Friday, May 25, 2007

Faculty Status and Graduation Rates?

By Matt Denhart

In a world of few objective evaluation methods—higher ed—graduation rates are the key measurement for college student success. With alarmingly low average graduation rates, we find ourselves searching for solutions to this ultimate question—how do we get our kids to graduate? According to research here at CCAP, part-time faculty does appear to play a somewhat significant role, but tenure status does not seem to be a significant or strong variable.

Regressions for four and six year graduation rates at research extensive and intensive public and private colleges tell us much. Part-time to full-time and total faculty ratios generally show a significant and somewhat strong and negative relationship to graduation rates. By decreasing this ratio, i.e. hiring more faculty members on a full-time basis and fewer part-time, colleges could increase student success. While this may increase costs, perhaps it’s worth consideration for the students’ sake.

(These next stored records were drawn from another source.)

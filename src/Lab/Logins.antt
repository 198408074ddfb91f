-- ===== src/Lab/Logins.antt =====
-- The methods of `LabStore` that write the row of the user who calls (store.py: `resolve_identity`,
-- `update_profile`, `choose_readonly`, `normalize_email`). One reading of the clock, `now`, serves a
-- call, and the id that `uuid.uuid4()` makes is an argument.
use constella.Prelude.{
  ℕ, ◌+◌, ◌*◌, Bool, true, false, not, ◌&&◌, ◌||◌, ltb, leb, Option, none, some, Text, text_eq,
  truthy, strip, lower, length, find?, any, if◌then◌else◌, ◌==◌,
}
use constella.Lab.Data.{
  Role, viewer, member, admin, UserStatus, active, pending_identity_review, User, user_created,
  readonly_selected, Store, value_error, lab_store_error, Action, pure, raise, gets, or_raise,
  branch, if_found, transaction, ◌>>=◌, ◌>>◌, raise_if, second,
}
use constella.Lab.Sql.{
  is_active, is_member, is_active_admin, has_id, same_identity, insert_user, update_users,
  audit_sql,
}

abbrev contains_at : Text → Bool
contains_at = any (λ c. c == 64)

unfoldable pub normalize_email : Text → Action Text
normalize_email email =
    let normalized = strip (lower email) in
    branch (not (truthy normalized) || not (contains_at normalized) || ltb 320 (length normalized))
      (raise value_error) (pure normalized)

abbrev pub select_user : Text → Store → Option User
select_user k s = find? (has_id k) s.users

-- `email`, `email_normalized`, `updated_at`, `last_login_at`
abbrev pub login_row : Text → Text → ℕ → User → User
login_row email normalized now u = record u {
  email = email;
  email_normalized = normalized;
  updated_at = now;
  last_login_at = now;
}

-- A known identity: the row is refreshed every five minutes, or when the address changes.
unfoldable pub refresh_login : Text → Text → ℕ → User → Action User
refresh_login email normalized now row =
    branch (leb (row.last_login_at + 300 * second) now || not (text_eq row.email email))
      (do
        update_users (has_id row.id) (login_row email normalized now)
        or_raise (← gets (select_user row.id)) lab_store_error)
      (pure row)

abbrev new_user : Text → Text → Text → Text → Text → Role → UserStatus → ℕ → User
new_user id issuer subject email normalized role status now = record {
  id = id;
  access_issuer = issuer;
  access_subject = subject;
  email = email;
  email_normalized = normalized;
  display_name = none;
  role = role;
  status = status;
  created_at = now;
  updated_at = now;
  last_login_at = now;
  onboarding_completed_at = none;
}

-- The part of `resolve_identity` for an identity that is not known yet.
unfoldable pub register : Text → Text → Text → Text → Text → Text → Text → ℕ → Action User
register issuer subject email normalized bootstrap request user_id now = do
  conflict ← gets (λ s. any (λ u. text_eq u.email_normalized normalized) s.users)
  admin_exists ← gets (λ s. any is_active_admin s.users)
  bootstrap_normalized ← normalize_email bootstrap
  let role = if text_eq normalized bootstrap_normalized && not admin_exists then admin else member
  let status = if conflict then pending_identity_review else active
  insert_user (new_user user_id issuer subject email normalized role status now)
  audit_sql user_id user_id request (user_created role status) now
  or_raise (← gets (select_user user_id)) lab_store_error

unfoldable pub resolve_identity : Text → Text → Text → Text → Text → Text → ℕ → Action User
resolve_identity issuer subject email bootstrap request user_id now = do
  normalized ← normalize_email email
  transaction do
    row ← gets (λ s. find? (same_identity issuer subject) s.users)
    if_found row (register issuer subject email normalized bootstrap request user_id now)
        (refresh_login email normalized now)

-- `x or None` of an optional text.
abbrev pub or_none : Option Text → Option Text
or_none none = none
or_none (some t) = if truthy t then some t else none

abbrev stripped : Option Text → Option Text
stripped none = none
stripped (some t) = if truthy t then some (strip t) else none

abbrev too_long : Option Text → Bool
too_long none = false
too_long (some t) = truthy t && ltb 80 (length t)

unfoldable pub update_profile : Text → Option Text → ℕ → Action User
update_profile user_id display_name now = do
  let name = stripped display_name
  raise_if (too_long name) value_error
  transaction
      (update_users (has_id user_id) (λ u. record u { display_name = name; updated_at = now }))
  or_raise (← gets (select_user user_id)) lab_store_error

abbrev pub is_unset : Option ℕ → Bool
is_unset none = true
is_unset (some t) = false

-- The condition of the `UPDATE` in `choose_readonly`; `bound` is its subquery, whether the user has
-- any binding.
abbrev pub may_choose_readonly : Text → Bool → User → Bool
may_choose_readonly user_id bound u =
    has_id user_id u
    && is_member u.role
    && is_active u.status
    && is_unset u.onboarding_completed_at
    && not bound

abbrev pub readonly_row : ℕ → User → User
readonly_row now u = record u {
  role = viewer;
  onboarding_completed_at = some now;
  updated_at = now;
}

unfoldable pub choose_readonly : Text → Text → ℕ → Action (Option User)
choose_readonly user_id request now = do
  transaction do
    bound ← gets (λ s. any (λ b. text_eq b.user_id user_id) s.bindings)
    changed ← gets (λ s. any (may_choose_readonly user_id bound) s.users)
    raise_if (not changed) value_error
    update_users (may_choose_readonly user_id bound) (readonly_row now)
    audit_sql user_id user_id request readonly_selected now
  gets (select_user user_id)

Tenure status is a less significant variable. The ratio of non-tenured faculty (and not on a tenure track) to tenured faculty does not significantly contribute either positively or negatively to graduation rates. This is not to say that tenured professors are not on average more experienced than their non-tenured colleagues or that tenure status plays no role in research output and other roles of faculty. However, strictly from an interest of graduating students, a university would be wise to not place such great emphasis on the extremely costly practice of tenure.

While I have discussed the previous two factors, it should be noted that average ACT scores are consistently a highly significant and positively strong factor. This should be expected as ACT scores are a good indicator of student quality, and the better the student the higher chance for success. This does much to explain why the Harvard’s and Princeton’s of the world are able to graduate over 95 percent of their students while other institutions—with less qualified students, continue to struggle. That said, in the interest of student success, universities would be wise to focus more strongly on full-time faculty and less on their tenure systems. Expect more on this issue in the coming future.

Matt Denhart is an undergraduate student at Ohio University and a research assistant for CCAP.